What is required.
Beneath this line is the data. Output exactly the lines from the line with "motd = new_inode 2 file 420" to the line with "tree-motd = refl", both ends included, and nothing more.

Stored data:

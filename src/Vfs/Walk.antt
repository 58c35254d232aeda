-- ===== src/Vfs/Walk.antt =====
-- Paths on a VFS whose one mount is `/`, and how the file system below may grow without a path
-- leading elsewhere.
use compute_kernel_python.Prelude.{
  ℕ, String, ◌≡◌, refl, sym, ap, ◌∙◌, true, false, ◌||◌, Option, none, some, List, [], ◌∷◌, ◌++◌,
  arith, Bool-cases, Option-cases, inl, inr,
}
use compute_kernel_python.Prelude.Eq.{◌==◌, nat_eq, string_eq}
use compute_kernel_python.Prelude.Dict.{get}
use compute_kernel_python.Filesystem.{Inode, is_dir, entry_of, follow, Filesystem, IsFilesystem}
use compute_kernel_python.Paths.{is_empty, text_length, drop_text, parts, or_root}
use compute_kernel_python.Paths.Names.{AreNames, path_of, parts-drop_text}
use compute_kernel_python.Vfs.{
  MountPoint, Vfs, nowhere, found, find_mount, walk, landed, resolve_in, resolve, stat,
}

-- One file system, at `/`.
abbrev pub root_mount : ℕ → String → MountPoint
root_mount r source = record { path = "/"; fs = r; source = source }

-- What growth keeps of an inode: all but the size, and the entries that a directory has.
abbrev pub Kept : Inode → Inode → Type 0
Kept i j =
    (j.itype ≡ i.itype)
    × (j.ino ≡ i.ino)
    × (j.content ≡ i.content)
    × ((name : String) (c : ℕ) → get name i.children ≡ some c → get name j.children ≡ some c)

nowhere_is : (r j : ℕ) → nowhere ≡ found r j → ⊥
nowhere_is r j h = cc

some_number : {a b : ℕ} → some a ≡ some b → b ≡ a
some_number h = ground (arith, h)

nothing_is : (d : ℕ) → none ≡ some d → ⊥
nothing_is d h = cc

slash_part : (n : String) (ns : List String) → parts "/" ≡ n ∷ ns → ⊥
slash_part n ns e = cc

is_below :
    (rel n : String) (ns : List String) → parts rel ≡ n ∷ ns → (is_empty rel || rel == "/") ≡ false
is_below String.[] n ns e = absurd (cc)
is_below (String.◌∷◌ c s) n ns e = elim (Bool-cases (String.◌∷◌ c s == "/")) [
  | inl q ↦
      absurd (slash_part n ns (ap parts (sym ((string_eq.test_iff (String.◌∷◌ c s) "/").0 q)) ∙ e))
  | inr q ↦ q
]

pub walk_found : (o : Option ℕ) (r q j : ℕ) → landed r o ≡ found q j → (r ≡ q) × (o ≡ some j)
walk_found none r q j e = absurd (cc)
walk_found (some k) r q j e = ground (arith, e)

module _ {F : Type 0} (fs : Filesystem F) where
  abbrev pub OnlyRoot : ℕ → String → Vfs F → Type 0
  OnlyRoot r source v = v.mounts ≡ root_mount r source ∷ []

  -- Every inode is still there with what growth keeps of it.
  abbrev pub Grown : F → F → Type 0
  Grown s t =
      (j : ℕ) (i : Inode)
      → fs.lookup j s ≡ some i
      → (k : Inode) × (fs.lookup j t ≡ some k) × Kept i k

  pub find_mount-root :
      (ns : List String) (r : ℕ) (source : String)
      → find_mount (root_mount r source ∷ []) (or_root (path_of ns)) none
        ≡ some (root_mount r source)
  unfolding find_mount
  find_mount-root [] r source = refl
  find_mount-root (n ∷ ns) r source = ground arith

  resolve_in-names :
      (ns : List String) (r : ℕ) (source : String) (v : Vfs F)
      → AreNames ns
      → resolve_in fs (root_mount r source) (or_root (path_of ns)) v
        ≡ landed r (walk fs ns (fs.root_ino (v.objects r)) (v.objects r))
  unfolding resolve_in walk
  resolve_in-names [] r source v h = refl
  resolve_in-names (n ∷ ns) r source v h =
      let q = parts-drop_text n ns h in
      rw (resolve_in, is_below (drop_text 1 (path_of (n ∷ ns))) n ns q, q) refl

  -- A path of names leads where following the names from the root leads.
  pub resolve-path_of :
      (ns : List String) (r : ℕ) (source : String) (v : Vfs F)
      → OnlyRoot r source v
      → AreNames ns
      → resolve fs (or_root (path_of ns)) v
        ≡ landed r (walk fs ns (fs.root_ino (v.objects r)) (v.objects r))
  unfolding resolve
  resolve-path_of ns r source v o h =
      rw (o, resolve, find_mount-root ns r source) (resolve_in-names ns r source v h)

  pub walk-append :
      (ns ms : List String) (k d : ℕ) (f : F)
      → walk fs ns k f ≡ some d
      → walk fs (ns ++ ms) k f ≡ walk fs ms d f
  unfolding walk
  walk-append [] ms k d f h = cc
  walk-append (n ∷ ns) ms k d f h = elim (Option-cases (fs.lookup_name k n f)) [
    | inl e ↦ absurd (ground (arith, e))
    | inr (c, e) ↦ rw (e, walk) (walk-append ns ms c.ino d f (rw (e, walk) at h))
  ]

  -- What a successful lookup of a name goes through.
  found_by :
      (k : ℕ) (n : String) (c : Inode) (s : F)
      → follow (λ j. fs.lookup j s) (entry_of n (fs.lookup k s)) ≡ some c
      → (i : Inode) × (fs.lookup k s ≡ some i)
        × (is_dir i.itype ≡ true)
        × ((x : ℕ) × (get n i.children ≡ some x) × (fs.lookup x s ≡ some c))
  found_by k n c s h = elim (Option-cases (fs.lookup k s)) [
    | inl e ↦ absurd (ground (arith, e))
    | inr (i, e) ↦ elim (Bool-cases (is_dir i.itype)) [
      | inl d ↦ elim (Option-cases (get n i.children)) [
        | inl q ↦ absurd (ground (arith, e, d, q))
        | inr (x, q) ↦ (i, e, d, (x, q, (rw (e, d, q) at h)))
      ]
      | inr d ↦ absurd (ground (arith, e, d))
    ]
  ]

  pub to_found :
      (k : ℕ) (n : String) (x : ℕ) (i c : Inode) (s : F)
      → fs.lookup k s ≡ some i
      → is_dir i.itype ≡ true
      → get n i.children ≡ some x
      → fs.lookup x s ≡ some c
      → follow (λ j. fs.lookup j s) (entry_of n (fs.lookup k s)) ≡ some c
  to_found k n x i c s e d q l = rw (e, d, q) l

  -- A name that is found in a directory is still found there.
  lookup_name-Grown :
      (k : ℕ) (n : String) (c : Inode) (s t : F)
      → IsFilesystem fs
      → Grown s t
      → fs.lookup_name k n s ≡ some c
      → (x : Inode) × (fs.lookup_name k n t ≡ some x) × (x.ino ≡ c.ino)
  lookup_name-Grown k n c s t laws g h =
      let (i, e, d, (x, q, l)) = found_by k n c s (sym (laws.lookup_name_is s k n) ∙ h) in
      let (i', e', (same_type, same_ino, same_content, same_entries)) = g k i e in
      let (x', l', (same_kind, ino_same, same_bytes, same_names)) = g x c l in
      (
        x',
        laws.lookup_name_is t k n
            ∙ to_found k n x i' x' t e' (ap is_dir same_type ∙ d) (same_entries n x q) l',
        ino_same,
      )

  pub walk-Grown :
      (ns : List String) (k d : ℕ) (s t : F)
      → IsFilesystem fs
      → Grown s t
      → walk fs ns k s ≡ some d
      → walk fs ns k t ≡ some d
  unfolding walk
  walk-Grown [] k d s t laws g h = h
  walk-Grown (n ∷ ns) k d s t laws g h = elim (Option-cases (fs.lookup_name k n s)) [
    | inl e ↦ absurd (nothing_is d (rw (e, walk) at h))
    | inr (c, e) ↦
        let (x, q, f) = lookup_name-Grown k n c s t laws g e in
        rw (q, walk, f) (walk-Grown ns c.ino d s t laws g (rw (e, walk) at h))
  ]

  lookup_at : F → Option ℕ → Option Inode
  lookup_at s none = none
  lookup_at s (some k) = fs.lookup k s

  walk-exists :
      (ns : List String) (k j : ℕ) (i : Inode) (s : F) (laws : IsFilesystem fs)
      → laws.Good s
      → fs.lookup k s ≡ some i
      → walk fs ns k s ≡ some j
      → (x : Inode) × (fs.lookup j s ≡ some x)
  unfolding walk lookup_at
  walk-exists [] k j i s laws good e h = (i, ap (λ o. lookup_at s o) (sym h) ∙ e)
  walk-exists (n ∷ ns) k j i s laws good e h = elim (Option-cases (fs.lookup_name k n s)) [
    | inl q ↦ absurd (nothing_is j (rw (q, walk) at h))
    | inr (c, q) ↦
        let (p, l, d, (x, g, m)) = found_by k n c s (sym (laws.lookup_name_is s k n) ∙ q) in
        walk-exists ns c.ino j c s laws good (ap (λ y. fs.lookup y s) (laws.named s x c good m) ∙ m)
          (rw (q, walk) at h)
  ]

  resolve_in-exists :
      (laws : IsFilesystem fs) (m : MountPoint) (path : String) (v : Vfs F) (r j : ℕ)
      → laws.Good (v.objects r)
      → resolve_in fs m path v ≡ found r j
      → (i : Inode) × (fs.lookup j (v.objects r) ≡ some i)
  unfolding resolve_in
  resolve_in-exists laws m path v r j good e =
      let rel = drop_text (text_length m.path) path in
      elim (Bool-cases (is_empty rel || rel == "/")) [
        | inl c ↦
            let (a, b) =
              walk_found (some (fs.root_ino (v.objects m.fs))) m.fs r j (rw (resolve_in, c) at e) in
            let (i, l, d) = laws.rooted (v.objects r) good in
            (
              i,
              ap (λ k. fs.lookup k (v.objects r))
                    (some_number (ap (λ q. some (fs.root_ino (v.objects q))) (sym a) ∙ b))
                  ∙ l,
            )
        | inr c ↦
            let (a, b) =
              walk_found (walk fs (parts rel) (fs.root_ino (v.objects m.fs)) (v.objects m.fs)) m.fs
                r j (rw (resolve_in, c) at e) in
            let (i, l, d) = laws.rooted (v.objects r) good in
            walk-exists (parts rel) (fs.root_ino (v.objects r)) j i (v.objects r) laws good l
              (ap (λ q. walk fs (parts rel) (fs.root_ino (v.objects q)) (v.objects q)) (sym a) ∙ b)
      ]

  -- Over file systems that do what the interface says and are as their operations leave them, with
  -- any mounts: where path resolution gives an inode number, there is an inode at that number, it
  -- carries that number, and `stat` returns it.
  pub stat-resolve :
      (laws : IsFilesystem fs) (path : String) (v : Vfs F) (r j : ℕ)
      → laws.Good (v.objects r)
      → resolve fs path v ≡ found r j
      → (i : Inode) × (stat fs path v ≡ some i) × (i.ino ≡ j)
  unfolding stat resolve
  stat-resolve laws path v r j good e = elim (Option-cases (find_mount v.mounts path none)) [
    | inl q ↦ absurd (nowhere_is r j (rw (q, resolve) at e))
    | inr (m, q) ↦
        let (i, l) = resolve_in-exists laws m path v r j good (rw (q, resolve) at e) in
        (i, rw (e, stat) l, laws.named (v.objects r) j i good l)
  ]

---

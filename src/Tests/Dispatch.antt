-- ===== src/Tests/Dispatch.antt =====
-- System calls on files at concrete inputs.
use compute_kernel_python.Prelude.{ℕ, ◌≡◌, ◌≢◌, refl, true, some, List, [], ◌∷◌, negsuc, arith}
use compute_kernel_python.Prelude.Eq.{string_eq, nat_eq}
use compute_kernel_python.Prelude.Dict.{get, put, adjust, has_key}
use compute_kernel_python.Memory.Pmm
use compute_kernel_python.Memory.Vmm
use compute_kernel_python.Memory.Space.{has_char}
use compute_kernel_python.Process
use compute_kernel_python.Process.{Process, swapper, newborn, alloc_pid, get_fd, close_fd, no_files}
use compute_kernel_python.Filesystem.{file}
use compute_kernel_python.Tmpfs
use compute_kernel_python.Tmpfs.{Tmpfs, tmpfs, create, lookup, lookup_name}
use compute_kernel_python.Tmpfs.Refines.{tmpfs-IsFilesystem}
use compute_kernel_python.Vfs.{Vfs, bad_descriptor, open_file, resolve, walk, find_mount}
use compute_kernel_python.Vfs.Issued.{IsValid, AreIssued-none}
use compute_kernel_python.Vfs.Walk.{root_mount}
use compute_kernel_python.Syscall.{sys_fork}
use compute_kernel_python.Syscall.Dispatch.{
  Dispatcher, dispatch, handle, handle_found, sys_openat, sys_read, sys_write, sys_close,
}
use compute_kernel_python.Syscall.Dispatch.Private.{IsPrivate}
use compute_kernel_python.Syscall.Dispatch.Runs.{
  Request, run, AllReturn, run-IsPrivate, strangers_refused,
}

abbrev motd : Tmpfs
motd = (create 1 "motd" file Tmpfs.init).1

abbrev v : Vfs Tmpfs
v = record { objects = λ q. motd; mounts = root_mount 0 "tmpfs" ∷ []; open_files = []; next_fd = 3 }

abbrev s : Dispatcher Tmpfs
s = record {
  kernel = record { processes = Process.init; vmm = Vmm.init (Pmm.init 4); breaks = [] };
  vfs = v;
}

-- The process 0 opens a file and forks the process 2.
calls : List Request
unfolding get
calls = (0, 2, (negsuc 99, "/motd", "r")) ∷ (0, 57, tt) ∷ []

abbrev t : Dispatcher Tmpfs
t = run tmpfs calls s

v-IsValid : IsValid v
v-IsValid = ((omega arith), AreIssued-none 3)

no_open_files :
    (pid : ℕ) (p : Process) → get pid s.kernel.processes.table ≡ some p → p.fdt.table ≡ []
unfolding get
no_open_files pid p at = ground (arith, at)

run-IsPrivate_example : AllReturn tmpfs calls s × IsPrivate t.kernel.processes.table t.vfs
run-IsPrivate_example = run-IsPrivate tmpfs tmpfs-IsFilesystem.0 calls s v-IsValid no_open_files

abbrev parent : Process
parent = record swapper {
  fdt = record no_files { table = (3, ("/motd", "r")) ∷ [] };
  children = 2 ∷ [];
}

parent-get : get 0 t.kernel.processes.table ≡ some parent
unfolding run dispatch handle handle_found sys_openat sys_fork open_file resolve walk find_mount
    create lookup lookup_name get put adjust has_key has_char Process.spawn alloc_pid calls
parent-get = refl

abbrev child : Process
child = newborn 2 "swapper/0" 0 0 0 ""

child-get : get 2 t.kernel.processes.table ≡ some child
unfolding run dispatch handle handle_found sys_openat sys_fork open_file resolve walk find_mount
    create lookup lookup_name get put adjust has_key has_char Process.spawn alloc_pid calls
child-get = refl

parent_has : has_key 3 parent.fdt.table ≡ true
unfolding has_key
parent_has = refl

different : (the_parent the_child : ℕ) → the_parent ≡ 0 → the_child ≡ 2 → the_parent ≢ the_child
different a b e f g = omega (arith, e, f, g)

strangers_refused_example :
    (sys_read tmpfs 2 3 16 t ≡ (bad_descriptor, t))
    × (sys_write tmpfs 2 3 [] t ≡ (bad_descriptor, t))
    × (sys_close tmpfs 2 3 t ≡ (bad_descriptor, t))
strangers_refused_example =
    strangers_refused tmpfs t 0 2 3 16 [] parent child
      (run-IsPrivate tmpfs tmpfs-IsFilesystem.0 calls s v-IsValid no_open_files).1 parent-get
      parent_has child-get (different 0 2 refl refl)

--

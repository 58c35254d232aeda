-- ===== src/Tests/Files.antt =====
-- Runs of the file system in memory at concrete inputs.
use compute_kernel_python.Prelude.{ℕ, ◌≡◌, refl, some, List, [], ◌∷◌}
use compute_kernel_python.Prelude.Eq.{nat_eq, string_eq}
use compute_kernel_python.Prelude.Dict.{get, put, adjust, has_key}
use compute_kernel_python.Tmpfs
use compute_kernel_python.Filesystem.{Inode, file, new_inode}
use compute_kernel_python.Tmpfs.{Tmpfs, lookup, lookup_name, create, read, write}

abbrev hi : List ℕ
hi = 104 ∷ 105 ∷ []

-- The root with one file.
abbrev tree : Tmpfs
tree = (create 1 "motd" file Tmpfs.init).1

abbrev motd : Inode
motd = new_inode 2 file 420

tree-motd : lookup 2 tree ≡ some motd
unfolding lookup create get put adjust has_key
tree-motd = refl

Problem solution.
motd = new_inode 2 file 420

tree-motd : lookup 2 tree ≡ some motd
unfolding lookup create get put adjust has_key
tree-motd = refl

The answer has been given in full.